Tuesday, Sept. 25, 2007 | 7:18 a.m.

It is a measure of how far we have come that the scene 50 years ago today in Little Rock, Ark., is now unimaginable.

Nine black teenagers walking into Central High School were reasonably safe only because they were being escorted by troops from the Army's 101st Airborne Division.

The drama began in 1954, when the U.S. Supreme Court ruled that segregated schools were unconstitutional. The Little Rock School Board approved an integration plan in 1955 and declared it would go into effect on Sept. 4, 1957.

Nine black students registered at Central High and arrived that day, only to find the Arkansas National Guard and a white mob blocking their way.

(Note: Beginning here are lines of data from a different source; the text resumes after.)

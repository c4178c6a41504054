-- ===== src/AsTracker/Tests.antt =====
-- proxy/as_tracker.cpp at a scene of two instances on one structure of two geometries.
use dxr11_pascal.Base.{
  ℕ, ◌+◌, ◌*◌, ◌%◌, ◌<◌, ◌≡◌, refl, true, false, List, [], ◌∷◌, none, some, arith, get_elem?,
  Listed, lookup, set_key, insert, erase,
}
use dxr11_pascal.ResTracker.{find, last_from}
use dxr11_pascal.TraceArgs.{insert_pair, pair_ltb}
use dxr11_pascal.AsTracker.{TlasInfo, Instance, PendingRead, State, key_or, touch, has_key}
use dxr11_pascal.AsTracker.Parse.{
  Known, build_before, blas_at, geometries_of, greatest_contribution, records_end, kind_reach,
  is_unknown, same_constants, set_constants, add_reach, fill_slots, add_row, note_unknown,
  note_known, add_instance, add_instances, sort_classes, record_count_of, parse_start, parse,
  as_of_or_now, parse_into, parse_locked,
}
use dxr11_pascal.AsTracker.Builds.{
  Geometry, top_level, bottom_level, emplace, is_current, supersedes, is_live, counts, ago, advance,
  is_resolved, note_top_level, saw, kind_of, info_of, floor_pending, floor_built, floor_of,
  keep_from, trim, count_kind, count_blas, note_bottom_level, note_build, is_flagged, set_flag,
  all_flagged, set_flags, no_duplicate_any_hit, lookup_blas, max_geometry_from, max_geometry_count,
}
use dxr11_pascal.AsTracker.Reads.{
  Gpu, insert_build, newest, has_build, remember_in, remember, find_build, remember_copy, rows_of,
  take_read, note_instances, note_empty, instance_snapshot, drop_snapshot, note_pending,
  drop_unsubmitted, is_submitted, to_stamp, stamp_reads, set_fence, stamp_pending, is_done,
  parse_read, finish_read, finish_reads, after_submit,
}
use dxr11_pascal.AsTracker.Queries.{
  pending_of, drop_pending, bring_pending, take_alias, alias_of, is_read, bring_to_build,
  latest_build, serial_now, all_current, live_current_from, live_current, wants, want_instances,
  instances_at, lookup_tlas, any_read, known_rows,
}
use dxr11_pascal.AsTracker.Copies.{
  clone, deserialize, is_same, last_info, last_info_at, put_blas, forget_read, drop_contents,
  note_deserialize, copied_info, copy_blas, copy_instances, copy_snapshot, copy_alias, copy_serial,
  copy_source, copy_tlas, copy_structure, note_copy,
}
use dxr11_pascal.AsTracker.Decodes.{
  Sizes, Decode, top_decoded, top, deserialized_now, is_open, meets_deserialized, build_awaits,
  read_awaits, scene_awaits, awaits_decode, geometries_at, decoded_info, replace_build, ends_at,
  erase_tlas, has_build_of, unmake_tlas, is_unsettled, reread_build, reread_builds, reread_all,
  reread, apply_bottom, drop_build, instances_of, apply_top, settle, apply_level, apply_decoded,
}
use dxr11_pascal.AsTracker.Records.{
  one_tlas, is_bound, meets_unknown, unknown_blas, same_record, clash, pick, push_merged, merge,
  layout_refusal, mixed_at, procedural_refusal, table_would_be_wrong, put_constants,
  constants_table, record_constants_table, put_kinds, kinds_table, record_kinds, get_summary,
}
use dxr11_pascal.AsTracker.Classes.{
  geometry, is_traced, traced, record_of, relabel, label_at, label_pairs, label_class,
  label_classes, classes_of, geometry_labels, signature_class, signature, reaches_class, reaches,
  same_list, id_of, class_of, seen_after, pair_ids, pair_classes,
}
use dxr11_pascal.AsTracker.Steps.{instances, submit, copy, step, run, start}
use dxr11_pascal.AsTracker.Slots.{answer}
use dxr11_pascal.AsTracker.Answers.{IsKnown}
use dxr11_pascal.AsTracker.Table.{Counted, table-answers}
use dxr11_pascal.AsTracker.History.{pending_read, note_bottom_level-parse_into}
use dxr11_pascal.AsTracker.Freshness.{ReadSince}
use dxr11_pascal.AsTracker.Taken.{Moves, none_past, after_submit-takes, after_submit-newer}
use dxr11_pascal.AsTracker.Waits.{after_submit-waits}
use dxr11_pascal.AsTracker.Cloned.{copy_structure-IsCopied}
use dxr11_pascal.AsTracker.Labels.{TellsAt, geometry_labels-TellsAt}
use dxr11_pascal.AsTracker.Pairing.{AgreeOn, pair_classes-AgreeOn}
use dxr11_pascal.AsTracker.Kept.{Kept}
use dxr11_pascal.AsTracker.Steps.{run-Kept}

-- Runs every function of the module.
evaluates : ℕ
unfolding key_or touch has_key build_before blas_at geometries_of greatest_contribution records_end
    kind_reach is_unknown same_constants set_constants add_reach fill_slots add_row note_unknown
    note_known add_instance add_instances sort_classes record_count_of parse_start parse
    as_of_or_now parse_into parse_locked emplace is_current supersedes is_live counts ago advance
    is_resolved note_top_level saw kind_of info_of floor_pending floor_built floor_of keep_from trim
    count_kind count_blas note_bottom_level note_build is_flagged set_flag all_flagged set_flags
    no_duplicate_any_hit lookup_blas max_geometry_from max_geometry_count insert_build newest
    has_build remember_in remember find_build remember_copy rows_of take_read note_instances
    note_empty instance_snapshot drop_snapshot note_pending drop_unsubmitted is_submitted to_stamp
    stamp_reads set_fence stamp_pending is_done parse_read finish_read finish_reads after_submit
    pending_of drop_pending bring_pending take_alias alias_of is_read bring_to_build latest_build
    serial_now all_current live_current_from live_current wants want_instances instances_at
    lookup_tlas any_read known_rows is_same last_info last_info_at put_blas forget_read
    drop_contents note_deserialize copied_info copy_blas copy_instances copy_snapshot copy_alias
    copy_serial copy_source copy_tlas copy_structure note_copy deserialized_now is_open
    meets_deserialized build_awaits read_awaits scene_awaits awaits_decode geometries_at
    decoded_info replace_build ends_at erase_tlas has_build_of unmake_tlas is_unsettled reread_build
    reread_builds reread_all reread apply_bottom drop_build instances_of apply_top settle
    apply_level apply_decoded is_bound meets_unknown unknown_blas same_record clash pick push_merged
    merge layout_refusal mixed_at procedural_refusal table_would_be_wrong put_constants
    constants_table record_constants_table put_kinds kinds_table record_kinds get_summary is_traced
    traced record_of relabel label_at label_pairs label_class label_classes classes_of
    geometry_labels signature_class signature reaches_class reaches same_list id_of class_of
    seen_after pair_ids pair_classes step run start lookup set_key insert erase find last_from
    insert_pair pair_ltb
evaluates = 0

abbrev two_triangles : Geometry
two_triangles = record { is_procedural = false; flags = 0 }

abbrev two_instances : List Instance
two_instances =
    record { structure = 16; contribution = 0 } ∷ record { structure = 16; contribution = 2 } ∷ []

-- The bottom-level structure 16, then the top-level structure 32.
abbrev built : State
built =
    note_build [] (some (32, top_level 2 64))
      (note_build [] (some (16, bottom_level (some two_triangles ∷ some two_triangles ∷ []))) start)

abbrev scene : State
scene = note_instances 32 two_instances built

abbrev as_built : Known
as_built at = blas_at built at 2

abbrev parsed : TlasInfo
parsed = parse as_built two_instances

scene_table :
    record_constants_table scene none ≡ answer 0 0 ∷ answer 1 0 ∷ answer 0 2 ∷ answer 1 2 ∷ []
unfolding evaluates
scene_table = refl

-- Contributions 0 and 1 put two geometries on one record.
abbrev clashing : List Instance
clashing =
    record { structure = 16; contribution = 0 } ∷ record { structure = 16; contribution = 1 } ∷ []

clash_refused :
    table_would_be_wrong (note_instances 32 clashing built) false none ≡ some (one_tlas 1)
unfolding evaluates
clash_refused = refl

scene-Counted : Counted scene none 32 parsed
unfolding evaluates
scene-Counted = record { is_valid = refl; is_counted = refl }

table-answers_example :
    IsKnown as_built (record { structure = 16; contribution = 2 })
    × ((gi : ℕ)
        → gi < geometries_of (as_built 16)
        → get_elem? (record_constants_table scene none) (2 + gi) ≡ some (answer gi 2))
unfolding evaluates
table-answers_example =
    table-answers scene false none as_built two_instances 32 0
      (record { structure = 16; contribution = 2 }) 1 refl scene-Counted refl refl (omega arith)
      (omega arith)

-- A read of the first build of 32, submitted to queue 5 with fence value 3.
abbrev first_read : PendingRead
first_read = record {
  tlas = 32;
  readback = 900;
  count = 2;
  build = 1;
  as_of = 2;
  owner = 7;
  queue = 5;
  fence_value = 3;
}

abbrev waiting : State
waiting = record built {
  pending = first_read ∷ [];
  fences = λ q. record { created = true; value = 3 };
}

abbrev gpu : ℕ → Gpu
gpu reached = record {
  completed = λ q. reached;
  can_create = λ q. true;
  can_signal = λ q. true;
  mapped = λ r. some two_instances;
}

note_bottom_level-parse_into_example :
    parse_into (note_bottom_level 16 (some two_triangles ∷ []) waiting) two_instances 2
    ≡ parse_into waiting two_instances 2
unfolding evaluates
note_bottom_level-parse_into_example =
    note_bottom_level-parse_into 16 (some two_triangles ∷ []) waiting two_instances 2 (omega arith)
      (omega arith) (pending_read 0 first_read refl refl)

after_submit-waits_example :
    Listed first_read (after_submit (λ l. l) (gpu 2) 5 (8 ∷ []) waiting).pending
unfolding evaluates
after_submit-waits_example =
    after_submit-waits (λ l. l) (gpu 2) 5 (8 ∷ []) first_read waiting (omega arith) (omega arith)
      (0, refl)

after_submit-takes_example :
    let s' = after_submit (λ l. l) (gpu 3) 5 (8 ∷ []) waiting in
    ReadSince 1 32 s'
    × Moves (gpu 3) (stamp_pending (λ l. l) (gpu 3) 5 (8 ∷ []) waiting).pending 32 waiting s'
    × (none_past (gpu 3) s' s'.pending ≡ true)
unfolding evaluates
after_submit-takes_example =
    after_submit-takes (λ l. l) (gpu 3) 5 (8 ∷ []) first_read two_instances waiting (omega arith)
      (omega arith) refl (omega arith) refl (0, refl)

-- The structure 32 again, its second build read already when the first one's read ends.
abbrev ahead : State
ahead = note_instances 32 two_instances (note_build [] (some (32, top_level 2 64)) waiting)

ahead-ReadSince : ReadSince 2 32 ahead
unfolding evaluates
ahead-ReadSince = record { build = 2; is_of = refl; is_since = omega arith }

after_submit-newer_example :
    ReadSince 2 32 (after_submit (λ l. l) (gpu 3) 5 (8 ∷ []) ahead)
    × Moves
        (gpu 3)
        (stamp_pending (λ l. l) (gpu 3) 5 (8 ∷ []) ahead).pending
        32
        ahead
        (after_submit (λ l. l) (gpu 3) 5 (8 ∷ []) ahead)
unfolding evaluates
after_submit-newer_example =
    after_submit-newer (λ l. l) (gpu 3) 5 (8 ∷ []) 2 32 ahead ahead-ReadSince

-- A copy of a read structure, and one of a structure whose read still waits.
copy_structure-IsCopied_example :
    (lookup_tlas (copy_structure clone 48 32 scene) 48 ≡ lookup_tlas scene 32)
    × (is_current (copy_structure clone 48 32 scene) 48 ≡ true)
unfolding evaluates
copy_structure-IsCopied_example = copy_structure-IsCopied clone 48 32 scene refl (omega arith) refl

-- The sizes of the API's descriptions on a 64-bit system.
abbrev sizes : Sizes
sizes = record { header_size = 8; geometry_size = 56; instance_size = 64 }

abbrev one_instance : Decode
one_instance = record {
  size = 72;
  level = top;
  desc_count = 1;
  procedural_at = λ at. false;
  instance_at = λ i. record { structure = 16; contribution = 4 };
}

decoded_top :
    let s = note_copy 64 0 deserialize built in
    let (s', o) =
      apply_decoded sizes 64
        (record { blas_serial = 3; tlas_serial = 2; was_tlas = false })
        (some one_instance)
        s in
    (o ≡ top_decoded 1) × (is_current s' 64 ≡ true) × (deserialized_now s' 64 ≡ none)
unfolding evaluates
decoded_top = (refl, refl, refl)

abbrev pairs_1_1 : List (ℕ × ℕ)
pairs_1_1 = (0, 1) ∷ (16, 17) ∷ (1, 1) ∷ []

scene_labels :
    (geometry_labels scene ((0, 1) ∷ []) 4 [] false).labels
    ≡ geometry 0 ∷ geometry 1 ∷ geometry 0 ∷ geometry 1 ∷ []
unfolding evaluates
scene_labels = refl

geometry_labels-TellsAt_example :
    TellsAt 3 1 (geometry_labels scene ((0, 1) ∷ []) 4 [] false).labels
unfolding evaluates
geometry_labels-TellsAt_example =
    geometry_labels-TellsAt scene ((0, 1) ∷ []) 4 [] false 32 parsed 0 1 2 2 1 (0, refl) refl
      (0, refl) (1, refl) (omega arith) (omega arith)

scene_classes : pair_classes scene pairs_1_1 4 [] false ≡ some 0 ∷ some 0 ∷ some 1 ∷ []
unfolding evaluates
scene_classes = refl

pair_classes-AgreeOn_example : AgreeOn 4 (0 % 16 + 1 % 16 * 1 + 2) (16 % 16 + 17 % 16 * 1 + 2)
unfolding evaluates
pair_classes-AgreeOn_example =
    pair_classes-AgreeOn scene pairs_1_1 4 [] false 0 1 0 0 1 16 17 32 parsed 2 2 1 (omega arith)
      refl refl refl refl (0, refl) refl (1, refl) (omega arith)

run-Kept_example : Kept (
    run
      (instances 32 two_instances ∷ copy 48 32 clone ∷ submit (λ l. l) (gpu 3) 5 (8 ∷ []) ∷ [])
      start)
unfolding evaluates
run-Kept_example =
    run-Kept
      (instances 32 two_instances ∷ copy 48 32 clone ∷ submit (λ l. l) (gpu 3) 5 (8 ∷ []) ∷ [])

The U.S. Justice Department ordered the Guard withdrawn. The mob, however, remained, in numbers that overwhelmed local police. Only after President Dwight Eisenhower ordered out the federal troops were the students able to start school at Central High, on Sept. 25.

"I really didn't understand at age 14 we were helping change the educational landscape here in America," one of the "Little Rock Nine," Carlotta Walls LaNier, told the Associated Press this month. "All we wanted to do is go to school."

The showdown at Central High was a turning point in the civil rights movement, which often is erroneously said to have ended in the late 1960s.

Despite great progress toward equality, for which we as Americans can all take pride, the lack of daily public examples of racism doesn't mean it is no longer at work.

Although the fight against obvious racism when it does occur - the recent display of nooses in Jena, La., for example - must remain aggressive, our main challenge today is to take the civil rights movement to its next level.

By that we mean fighting against the subtle racism that still abounds, which cumulatively results in minorities being inordinately affected by society's ills, such as poverty. That is a measure of how far we have yet to go.